The second difference from revcomp.cwl is the step that allows output renaming. Instead of being provided as a command line tool, it runs a Javascript expression. This require a InlineJavascriptRequirement to be specified and then a step of type ExpressionTool:

rename:
  run:
    class: ExpressionTool
    inputs:
      infile:
        type: File
      outfile_name:
        type: string?
    outputs:
      outfile: File
    expression: >
      ${
      var outfile = inputs.infile;
      if (inputs.outfile_name) {
        outfile.basename = inputs.outfile_name;
      }
      return { "outfile": outfile }; }
  in:
    infile: complement/comp_dnafile
    outfile_name: outfile_name
  out: [outfile]

This also has an optional outfile_name parameter. The Javascript tests if this is set and if so, uses it to modify the outfile.basename, resulting in the output file having the name specified by the user. The Javascript expression returns a dictionary whose keys correspond to the names of outputs specified for the step.

When using cwltool the InlineJavascriptRequirement requires the use of NodeJS (the node) command, either through having it installed as a packer or via the use of a Docker container that can run node. The Javascript code is sandboxed and cannot access anything outside of its limited execution context.

Conclusion

These examples show just a little of what can be done with the Common Workflow Language. While they don't do much useful, they should illustrate how the Common Workflow Language allows you to map command line realities to a higher level tool and workflow specification. These specifications can then be shared and improved on, paving the way towards collaborative and reproductible science!

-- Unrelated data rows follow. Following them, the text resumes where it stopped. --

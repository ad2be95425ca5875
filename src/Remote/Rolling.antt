-- ===== src/Remote/Rolling.antt =====
-- crates/treesync/src/remote/delta.rs: the weak checksum. `u32` arithmetic wraps at 2 ^ 32, and
-- `& 0xffff` is written as the remainder by 2 ^ 16.
pub mod Laws
use Prim.Native.Nat.{bit_or}
use treesync.Prelude.{ℕ, ◌+◌, ◌-◌, ◌*◌, ◌%◌, ◌^◌, List, [], ◌∷◌, length}
use treesync.FilePath.{Bytes}

abbrev pub u32_mod : ℕ
u32_mod = 2 ^ 32

abbrev pub half_mod : ℕ
half_mod = 2 ^ 16

pub record Rolling : Type 0 where
  pub a : ℕ
  pub b : ℕ
  pub len : ℕ

-- The loop of `Rolling::new`, at an offset in a window of length `len`.
unfoldable pub sum_window : (len offset a b : ℕ) → Bytes → ℕ × ℕ
sum_window len offset a b [] = (a, b)
sum_window len offset a b (byte ∷ rest) =
    sum_window len (offset + 1) ((a + byte) % u32_mod)
      ((b + (len - offset) * byte % u32_mod) % u32_mod) rest

unfoldable pub new : Bytes → Rolling
unfolding sum_window
new window =
    let len = length window % u32_mod in
    let (a, b) = sum_window len 0 0 0 window in
    record { a = a % half_mod; b = b % half_mod; len = len }

unfoldable pub roll : Rolling → (out inbound : ℕ) → Rolling
roll r out inbound =
    let a : ℕ = ((r.a + u32_mod - out) % u32_mod + inbound) % u32_mod % half_mod in
    record {
      a = a;
      b = ((r.b + u32_mod - r.len * out % u32_mod) % u32_mod + a) % u32_mod % half_mod;
      len = r.len;
    }

-- `self.a | (self.b << 16)`
unfoldable pub digest : Rolling → ℕ
digest r = bit_or r.a (r.b * 2 ^ 16 % u32_mod)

Using SoftwareRequirements and Dependency Resolvers

CWL offers an alternative to containers: Software Requirements. These are described in the cwltool documentation and allow software package names to be specified instead of container names. This is effectively built around the Galaxy dependency resolvers system as described in the Galaxy docs and this blog post. For these to work galaxy-lib needs to be installed and a configuration file like dependency-resolvers.yml needs to be configured. The provided example shows how to point to a tools directory using the Galaxy packages resolver type. In the tools/ directory of this repository you can find a jedi package (version 1.0.0) which contains the reverse.py and complement.py scripts. The directory structure is like that expected for Galaxy packages. With the base path set correctly in the dependency-resolvers.yml, you can run e.g. the reverse.cwl tool with the command:

cwl-runner --no-container --beta-dependency-resolvers-configuration dependency-resolvers.yml reverse/reverse.cwl  --dnafile data/dna.txt

Note that this will just set up a path so that the required scripts are found, and not resolve dependencies such as the click Python module. This is a limitation of naive SoftwareRequirements that can be remedied by using a more sophisticated dependency resolver such as conda.